Mortality in Primary and Secondary Myocarditis

Todd C. Pulerwitz, MD; Thomas P. Cappola, MD; G. Michael Felker, MD; Joshua M. Hare, MD, FACC; Kenneth L. Baughman, MD, FACC; Edward K. Kasper, MD, FACC

Disclosures

Am Heart J. 2004;147(4) 

In This Article

Abstract and Introduction

Background: Lymphocytic myocarditis presents as a primary disorder or in association with a systemic disease.

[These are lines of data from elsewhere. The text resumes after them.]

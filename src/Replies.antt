-- ===== src/Replies.antt =====
-- host/rp86/core.py (HID framing, reply validation), the payload test of host/rp86/calculator.py,
-- and the reply texts of host/rp86/constants.py.
use pi86_rp.Common.{
  ℕ, ◌+◌, ◌%◌, ◌^◌, String, Bool, true, false, not, ◌&&◌, ◌||◌, Option, none, some, [], ◌∷◌, ◌==◌,
  if◌then◌else◌, bytes_eq, elem, ascii, Bytes, length, take, drop, get_or, ◌>>=◌, ◌>>◌, guard,
  value_error, Result, ok, err,
}
use pi86_rp.Struct.{Format, size, from_le, pack, unsigned, text}
use pi86_rp.Protocol.{
  message_size, type_command, type_result, type_heartbeat, type_workload_begin, type_workload_data,
  type_workload_commit, type_workload_control, type_workload_status, type_workload_result,
  type_workload_timeout_request, type_workload_timeout_result, type_filesystem_request,
  type_filesystem_result, type_memory_request, type_memory_result, type_diagnostics_request,
  type_diagnostics_result, status_ok, processor_eq, witness_processor, decode_witness, decode,
  Processor, NativeServiceWitness, Message,
}
pub mod Hid
pub mod Sound
pub mod Complete

abbrev pub heartbeat_reply : Bytes
heartbeat_reply = ascii "PROCESSOR HEARTBEAT OK"

abbrev pub command_reply : Bytes
command_reply = ascii "PROCESSOR COMMAND OK"

abbrev pub calculator_magic : ℕ
calculator_magic = 0xCA1C

-- "<7H", and the "<H" that is read in front of it.
abbrev pub calculator_format : Format
calculator_format =
    unsigned 2 ∷ unsigned 2 ∷ unsigned 2 ∷ unsigned 2 ∷ unsigned 2 ∷ unsigned 2 ∷ unsigned 2 ∷ []

unfoldable pub is_calculator_payload : Bytes → Bool
unfolding from_le
is_calculator_payload payload =
    (length payload == size calculator_format) && (from_le (take 2 payload) == calculator_magic)

-- "<2sIQ"
abbrev pub heartbeat_format : Format
heartbeat_format = text 2 ∷ unsigned 4 ∷ unsigned 8 ∷ []

-- The nonce is the caller's, or 64 random bits.
unfoldable pub heartbeat_payload : ℕ → ℕ → Result Bytes
heartbeat_payload sequence nonce =
    pack heartbeat_format (ascii "HB", (sequence % 2 ^ 32, (nonce, tt)))

unfoldable pub hid_output_report : Bytes → Result Bytes
hid_output_report bytes = do
  guard (length bytes == message_size) (value_error "record must be exactly 64 bytes" [])
  ok (0 ∷ bytes)

-- `report[1:]` if the report has the zero report-ID byte.
strip_report_id : Bytes → Bytes
strip_report_id report =
    if (length report == message_size + 1) && (get_or report 0 1 == 0)
    then drop 1 report
    else report

unfoldable pub normalize_hid_input : Bytes → Result Bytes
unfolding strip_report_id
normalize_hid_input report = do
  let stripped = strip_report_id report
  guard (length stripped == message_size)
      (value_error "HID reply must contain exactly 64 ABI bytes" (length stripped ∷ []))
  ok stripped

-- `Message.decode(normalize_hid_input(record))`
unfoldable pub receive : Bytes → Result Message
receive report = do bytes ← normalize_hid_input report; decode bytes

-- `expected_processor is not None and witness.processor != expected_processor`
unfoldable pub processor_matches : Option Processor → Option Processor → Bool
processor_matches none found = true
processor_matches (some expected) none = false
processor_matches (some expected) (some found) = processor_eq found expected

unfoldable pub is_calculator_reply : Message → NativeServiceWitness → Bool
is_calculator_reply request witness =
    (request.message_type == type_command)
    && is_calculator_payload request.payload
    && bytes_eq (take 5 witness.witness_text) (ascii "CALC ")

unfoldable pub validate_witness :
    Message → Option Processor → NativeServiceWitness → Result (Unit {0})
validate_witness request expected_processor witness = do
  let expected_payload =
      if request.message_type == type_command then command_reply else heartbeat_reply
  guard (witness.service_type == request.message_type) (
      value_error "native witness service type mismatch"
        (witness.service_type ∷ request.message_type ∷ []))
  guard (bytes_eq witness.witness_text expected_payload || is_calculator_reply request witness)
      (value_error "unexpected native reply text" witness.witness_text)
  guard (processor_matches expected_processor (witness_processor witness))
      (value_error "native processor identity mismatch" [])
  ok tt

unfoldable pub validate_live_reply : Bytes → Message → Option Processor → Result Message
validate_live_reply report request expected_processor = do
  let expected_type = if request.message_type == type_command then type_result else type_heartbeat
  reply ← receive report
  guard (reply.message_type == expected_type)
      (value_error "unexpected native reply type" (reply.message_type ∷ []))
  guard (reply.sequence == request.sequence)
      (value_error "native reply sequence mismatch" (reply.sequence ∷ request.sequence ∷ []))
  guard (reply.status == status_ok)
      (value_error "V30 live reply status is not OK" (reply.status ∷ []))
  witness ← decode_witness reply.payload
  validate_witness request expected_processor witness
  ok reply

-- The branch of one service: the reply type and the sequence are tested, the status is not.
unfoldable pub validate_service_reply : Bytes → Message → ℕ → String → Result Message
validate_service_reply report request result_type name = do
  reply ← receive report
  guard (reply.message_type == result_type) (value_error name (reply.message_type ∷ []))
  guard (reply.sequence == request.sequence)
      (value_error name (reply.sequence ∷ request.sequence ∷ []))
  ok reply

unfoldable pub validate_workload_reply : Bytes → Message → Result Message
validate_workload_reply report request = do
  reply ← receive report
  guard (elem reply.message_type (type_workload_result ∷ type_workload_status ∷ []))
      (value_error "unexpected workload reply type" (reply.message_type ∷ []))
  guard (reply.sequence == request.sequence)
      (value_error "workload reply sequence mismatch" (reply.sequence ∷ request.sequence ∷ []))
  guard (reply.status == status_ok)
      (value_error "workload request status is not OK" (reply.status ∷ []))
  ok reply

unfoldable pub validate_device_reply : Bytes → Message → Option Processor → Result Message
validate_device_reply report request expected_processor =
    if elem request.message_type (type_command ∷ type_heartbeat ∷ [])
    then validate_live_reply report request expected_processor
    else if request.message_type == type_workload_timeout_request
    then validate_service_reply report request type_workload_timeout_result
        "workload timeout reply type/sequence mismatch"
    else if request.message_type == type_diagnostics_request
    then validate_service_reply report request type_diagnostics_result
        "diagnostics reply type/sequence mismatch"
    else if request.message_type == type_filesystem_request
    then validate_service_reply report request type_filesystem_result
        "filesystem reply type/sequence mismatch"
    else if request.message_type == type_memory_request
    then validate_service_reply report request type_memory_result
        "memory reply type/sequence mismatch"
    else if elem request.message_type (
        type_workload_begin ∷ type_workload_data ∷ type_workload_commit ∷ type_workload_control
        ∷ [])
    then validate_workload_reply report request
    else err (value_error "unsupported request type" (request.message_type ∷ []))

Whether primary and secondary myocarditis have the same prognosis is unknown.
Methods: Patients (n = 171) referred to the Johns Hopkins Cardiomyopathy service from 1984 to 1998 with newly diagnosed cardiomyopathy were observed for an average of 5.9 years after an original diagnosis of biopsy-proven myocarditis or until reaching the end point of death. Giant-cell myocarditis was excluded from this study. Myocarditis was classified as secondary when a systemic disease was present at the time of presentation; otherwise, myocarditis was classified as primary. Survival rates among patients with primary and secondary myocarditis were compared with Kaplan-Meier analysis and Cox proportional hazard models incorporating clinical variables, including baseline hemodynamics and treatment with immunosuppressive therapy.
Results: The mortality rate associated with secondary myocarditis varied substantially depending on the underlying systemic disorder. Peripartum myocarditis, when compared with idiopathic myocarditis, had a reduced mortality rate (relative hazard, 0.23 [0.06-0.98]; P <.05), which was attenuated after controlling for confounding variables (relative hazard, 0.62 [0.13-2.98]; P = .55). In contrast, human immunodeficiency virus myocarditis had a particularly poor prognosis (relative hazard, 6.70 [3.51-12.79]; P <.05), even after controlling for confounding variables. Myocarditis associated with systemic inflammatory disorders showed a trend toward increased mortality rate (relative hazard, 2.46 [0.65-9.38]; P = .19). For both primary and secondary myocarditis, advanced age and pulmonary hypertension were important clinical predictors of death.
Conclusions: The prognosis of patients with secondary myocarditis, when compared with patients with idiopathic myocarditis, seems most affected by the primary disease process.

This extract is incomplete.